TASK OBJECTIVE: In the entries below, find each line with the word "some" and pull it out.

** RECORD SET follows **

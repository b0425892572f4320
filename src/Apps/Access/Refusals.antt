-- ===== src/Apps/Access/Refusals.antt =====
-- Who is turned away before a controller is called.
use dce_rust.Base.{ℕ, ◌≡◌, refl, Bool, true, false, Option, none, some, List, ◌∷◌, any, ◌==◌}
use dce_rust.Text.{text}
use dce_rust.Error.{ok, err, DceErr, new_openly, pos}
use dce_rust.Api.{Api}
use dce_rust.Session.User
use dce_rust.Session.Auto.{AutoRenew}
use dce_rust.Apps.Access.{
  Member, Draw, Uses, Rp, C, S, AppAuth, uid_of, opened, new_auth, valid, before_controller, admit,
  is_private, on_session,
}

-- Whether a user, if there is one, has one of the roles.
abbrev pub has_role : List ℕ → Option Member → Bool
has_role needs none = false
has_role needs (some user) = any (λ role. role == user.role_id) needs

abbrev pub refusal : Option Member → DceErr
refusal none = new_openly (pos 401) (text "Unauthorized")
refusal (some user) = new_openly (pos 403) (text "Forbidden")

module _ {Req Resp Method Value Status D R : Type 0}
    (uses : Uses Req Resp Method Value Status D R) where
  -- The check of an api that asks for roles, once the user is read.
  valid-refuses :
      (auth : AppAuth uses) (t : S uses) (found : Option Member)
      → is_private uses auth ≡ true
      → User.user uses.commands (uid_of uses) uses.from_json uses.to_json auth.session.session
        ≡ (ok found, t)
      → has_role auth.roles_needs found ≡ false
      → valid uses auth
        ≡ (err (refusal found), record auth { session = record auth.session { session = t } })
  unfolding valid on_session
  valid-refuses auth t none private read lacks = rw (valid, private) (rw read refl)
  valid-refuses auth t (some user) private read lacks =
      rw (valid, private) (rw read (rw lacks refl))

  -- A request for an api that asks for roles, whose session has no user, or one without any of the
  -- roles, is refused before the controller: by 401 or 403, the context as it was.
  pub before_controller-refuses :
      (created renewed : Draw) (context : C uses) (session : AutoRenew (S uses)) (t : S uses)
      (api : Api (Rp uses)) (role : ℕ) (needs : List ℕ) (found : Option Member)
      → opened uses created context ≡ ok session
      → context.api ≡ some api
      → uses.roles api ≡ some (role ∷ needs)
      → User.user uses.commands (uid_of uses) uses.from_json uses.to_json session.session
        ≡ (ok found, t)
      → has_role (role ∷ needs) found ≡ false
      → before_controller uses created renewed context ≡ (err (refusal found), context)
  unfolding before_controller admit new_auth is_private
  before_controller-refuses created renewed context session t api role needs found open_ok routed
        asked read lacks =
      let auth : AppAuth uses = record {
        context = context;
        session = session;
        roles_needs = role ∷ needs;
      } in
      let made : new_auth uses context session ≡ ok auth = rw (new_auth, routed) (rw asked refl) in
      let checked = valid-refuses auth t found refl read lacks in
      rw (before_controller, admit, open_ok) (rw made (rw checked refl))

** End of RECORD SET **

ANSWER BOX:
use dce_rust.Base.{ℕ, ◌≡◌, refl, Bool, true, false, Option, none, some, List, ◌∷◌, any, ◌==◌}
has_role needs (some user) = any (λ role. role == user.role_id) needs
refusal (some user) = new_openly (pos 403) (text "Forbidden")
  valid-refuses auth t (some user) private read lacks =
      → context.api ≡ some api
      → uses.roles api ≡ some (role ∷ needs)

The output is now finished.